Problem requirements: Look through the material below and return every line that contains "Option".

Data under study:
-- ===== src/Cluster/Client.antt =====
-- crates/trust-kernel/src/cluster_mux.rs: `ClusterMuxClient` over a link to the server of Cluster/Server.
-- The link is reliable: what one side writes, the other reads, in order. `attempt` is what connecting comes
-- to: none for success, or the error's text. Durations are left out of the results.
use spaceshuttle.Prelude.{
  ℕ, ◌+◌, ◌%◌, ◌^◌, List, [], ◌∷◌, ◌++◌, Option, none, some, String, ◌==◌, if◌then◌else◌, unwrap_or,
  str_eq, length, add64,
}
use spaceshuttle.Cluster.Frames.{
  MuxFrame, fetch_frame, store_frame, ping_frame, response_frame, unexpected_eof, IoResult, io_ok,
  io_err, out_of_fuel, connect_error, io_error, protocol_error, remote_error, remote_status,
  integrity_failed, still_reading, out_of_step, Answer, answered, refused,
}
use spaceshuttle.Cluster.HashCache
use spaceshuttle.Cluster.HashCache.{HashCache, VerifyResult, mark_verified, read_payload_cached}
use spaceshuttle.Cluster.Server.{Message, ClusterMuxServer, handle_mux_connection}

-- `ClusterMuxClient`; `connection` holds the messages that arrived and were not read yet.
pub record MuxClient : Type 0 where
  pub from_aint : String
  pub connection : Option (List Message)
  pub endpoint : String
  pub next_channel : ℕ
  pub requests_sent : ℕ
  pub bytes_transferred : ℕ
  pub hash_cache : HashCache

pub record Link : Type 0 where
  pub client : MuxClient
  pub server : ClusterMuxServer

unfoldable pub new : String → String → MuxClient
unfolding HashCache.new
new endpoint from_aint = record {
  from_aint = from_aint;
  connection = none;
  endpoint = endpoint;
  next_channel = 1;
  requests_sent = 0;
  bytes_transferred = 0;
  hash_cache = HashCache.new;
}

-- The messages unread on the connection that the call goes on with.
unfoldable pub ensure_connected : Option (List Message) → Option String → Answer (List Message)
ensure_connected (some unread) attempt = answered unread
ensure_connected none none = answered []
ensure_connected none (some text) = refused (connect_error text)

-- The counter has 32 bits.
unfoldable pub next_channel_id : MuxClient → MuxClient
next_channel_id c = record c { next_channel = (c.next_channel + 1) % 2 ^ 32 }

-- `read_frame`: the next unread message, if one is there.
unfoldable pub read_frame : MuxClient → MuxClient × Option Message
read_frame c = elim c.connection [
  | none ↦ (c, none)
  | some unread ↦ elim unread [
    | [] ↦ (c, none)
    | message ∷ others ↦ (record c { connection = some others }, some message)
  ]
]

unfoldable pub disconnect : MuxClient → MuxClient
disconnect c = record c { connection = none }

abbrev pub count_request : MuxClient → ℕ → MuxClient
count_request c size = record c {
  requests_sent = add64 c.requests_sent 1;
  bytes_transferred = add64 c.bytes_transferred size;
}

-- `ping`, from the response on.
unfoldable pub ping_reply : MuxClient × Option Message → MuxClient × Answer (Unit {0})
ping_reply (c, none) = (c, refused (io_error unexpected_eof))
ping_reply (c, some (response_frame _ status _ _ _ _ _ error, _)) = (
  record c { requests_sent = add64 c.requests_sent 1 },
  if status == 200 then answered tt else refused (remote_error (unwrap_or error "")),
)
ping_reply (c, some (fetch_frame _ _ _ _ _, _)) = (
  record c { requests_sent = add64 c.requests_sent 1 },
  refused (protocol_error "Unexpected frame type"),
)
ping_reply (c, some (store_frame _ _ _ _ _ _ _ _, _)) = (
  record c { requests_sent = add64 c.requests_sent 1 },
  refused (protocol_error "Unexpected frame type"),
)
ping_reply (c, some (ping_frame _ _, _)) = (
  record c { requests_sent = add64 c.requests_sent 1 },
  refused (protocol_error "Unexpected frame type"),
)

-- `store_block`, from the response on.
unfoldable pub store_status : MuxClient → ℕ → String → MuxFrame → MuxClient × Answer (Unit {0})
unfolding mark_verified
store_status c block_index content_hash (response_frame _ status _ _ _ _ _ error) =
    if status == 200
    then (
      record c { hash_cache = mark_verified c.hash_cache block_index content_hash },
      answered tt,
    )
    else (c, refused (remote_status status (unwrap_or error "")))
store_status c block_index content_hash (fetch_frame _ _ _ _ _) =
    (c, refused (protocol_error "Unexpected frame type"))
store_status c block_index content_hash (store_frame _ _ _ _ _ _ _ _) =
    (c, refused (protocol_error "Unexpected frame type"))
store_status c block_index content_hash (ping_frame _ _) =
    (c, refused (protocol_error "Unexpected frame type"))

unfoldable pub store_reply :
    ℕ → ℕ → String → MuxClient × Option Message → MuxClient × Answer (Unit {0})
unfolding store_status
store_reply block_index size content_hash (c, none) = (c, refused (io_error unexpected_eof))
store_reply block_index size content_hash (c, some message) =
    store_status (count_request c size) block_index content_hash message.0

-- The payload that came with a response of status 200.
unfoldable pub take_payload :
    MuxClient
    → String
    → HashCache × IoResult (List ℕ × String × VerifyResult × List ℕ)
    → MuxClient × Answer (List ℕ)
take_payload c content_hash (cache, io_err e) =
    (record c { hash_cache = cache }, refused (io_error e))
take_payload c content_hash (cache, out_of_fuel) =
    (record c { hash_cache = cache }, refused still_reading)
take_payload c content_hash (cache, io_ok (block, verified_hash, _, _)) =
    if str_eq verified_hash content_hash
    then (record c { hash_cache = cache }, answered block)
    else (record c { hash_cache = cache }, refused (integrity_failed content_hash verified_hash))

-- `fetch_block` counts what it has answered.
abbrev pub count_answer : MuxClient × Answer (List ℕ) → MuxClient × Answer (List ℕ)
count_answer (c, answered block) = (count_request c (length block), answered block)
count_answer (c, refused e) = (c, refused e)

module _ (sha256_hex : List ℕ → String) where
  -- The `match resp` that `fetch_block` and `fetch_batch` share, but for a text. It is modelled for a payload
  -- of the announced size, which is all that is read and leaves the messages behind it alone.
  unfoldable pub read_block : String → ℕ → MuxClient × Option Message → MuxClient × Answer (List ℕ)
  unfolding take_payload read_payload_cached
  read_block unexpected block_index (c, none) = (c, refused (io_error unexpected_eof))
  read_block unexpected block_index
        (c, some (response_frame _ status _ content_hash payload_size _ _ error, payload)) =
      if status == 200
      then if length payload == payload_size
        then take_payload c content_hash (
            read_payload_cached sha256_hex payload_size content_hash block_index c.hash_cache
              payload)
        else (c, refused out_of_step)
      else (c, refused (remote_status status (unwrap_or error "")))
  read_block unexpected block_index (c, some (fetch_frame _ _ _ _ _, _)) =
      (c, refused (protocol_error unexpected))
  read_block unexpected block_index (c, some (store_frame _ _ _ _ _ _ _ _, _)) =
      (c, refused (protocol_error unexpected))
  read_block unexpected block_index (c, some (ping_frame _ _, _)) =
      (c, refused (protocol_error unexpected))

  -- The client has written `messages`, with `unread` waiting for it; the server has handled them.
  unfoldable pub exchange : Link → List Message → List Message → Link
  unfolding handle_mux_connection
  exchange l unread messages =
      let (server, responses) = handle_mux_connection sha256_hex l.server messages in
      record {
        client = record l.client { connection = some (unread ++ responses) };
        server = server;
      }

  abbrev pub on_client {ℓ} :
      {A : Type ℓ} → (MuxClient → MuxClient × Answer A) → Link → Link × Answer A
  on_client f l = let (c, result) = f l.client in (record l { client = c }, result)

  abbrev pub connected {ℓ} :
      {A : Type ℓ}
      → Link
      → (List Message → Link × Answer A)
      → Answer (List Message)
      → Link × Answer A
  connected l f (answered unread) = f unread
  connected l f (refused e) = (l, refused e)

  -- What `ping`, `fetch_block` and `store_block` share: connect, take a channel, write the message, read the
  -- response.
  unfoldable pub request {ℓ} :
      {A : Type ℓ}
      → Link
      → Option String
      → Message
      → (MuxClient × Option Message → MuxClient × Answer A)
      → Link × Answer A
  unfolding ensure_connected next_channel_id exchange read_frame
  request l attempt message reply =
      connected l
        (λ unread.
          on_client (λ c. reply (read_frame c))
            (exchange (record l { client = next_channel_id l.client }) unread (message ∷ [])))
        (ensure_connected l.client.connection attempt)

  unfoldable pub ping : Link → Option String → Link × Answer (Unit {0})
  unfolding request ping_reply
  ping l attempt =
      request l attempt (ping_frame l.client.next_channel l.client.from_aint, []) ping_reply

  unfoldable pub fetch_block : Link → Option String → ℕ → Option String → ℕ → Link × Answer (List ℕ)
  unfolding request read_block
  fetch_block l attempt block_index expected_hash bus_seq =
      request l attempt
        (fetch_frame l.client.next_channel block_index l.client.from_aint expected_hash bus_seq, [])
        (λ response. count_answer (read_block "Unexpected frame type" block_index response))

  unfoldable pub store_block :
      Link → Option String → ℕ → List ℕ → String → String → ℕ → ℕ → Link × Answer (Unit {0})
  unfolding request store_reply
  store_block l attempt block_index block content_hash ed25519_seal raw_size bus_seq =
      request l attempt
        (
          store_frame l.client.next_channel block_index l.client.from_aint (length block) raw_size
              content_hash ed25519_seal bus_seq,
          block,
        )
        (store_reply block_index (length block) content_hash)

Answer section:
  ℕ, ◌+◌, ◌%◌, ◌^◌, List, [], ◌∷◌, ◌++◌, Option, none, some, String, ◌==◌, if◌then◌else◌, unwrap_or,
  pub connection : Option (List Message)
unfoldable pub ensure_connected : Option (List Message) → Option String → Answer (List Message)
unfoldable pub read_frame : MuxClient → MuxClient × Option Message
unfoldable pub ping_reply : MuxClient × Option Message → MuxClient × Answer (Unit {0})
    ℕ → ℕ → String → MuxClient × Option Message → MuxClient × Answer (Unit {0})
  unfoldable pub read_block : String → ℕ → MuxClient × Option Message → MuxClient × Answer (List ℕ)
      → Option String
      → (MuxClient × Option Message → MuxClient × Answer A)
  unfoldable pub ping : Link → Option String → Link × Answer (Unit {0})
  unfoldable pub fetch_block : Link → Option String → ℕ → Option String → ℕ → Link × Answer (List ℕ)
      Link → Option String → ℕ → List ℕ → String → String → ℕ → ℕ → Link × Answer (Unit {0})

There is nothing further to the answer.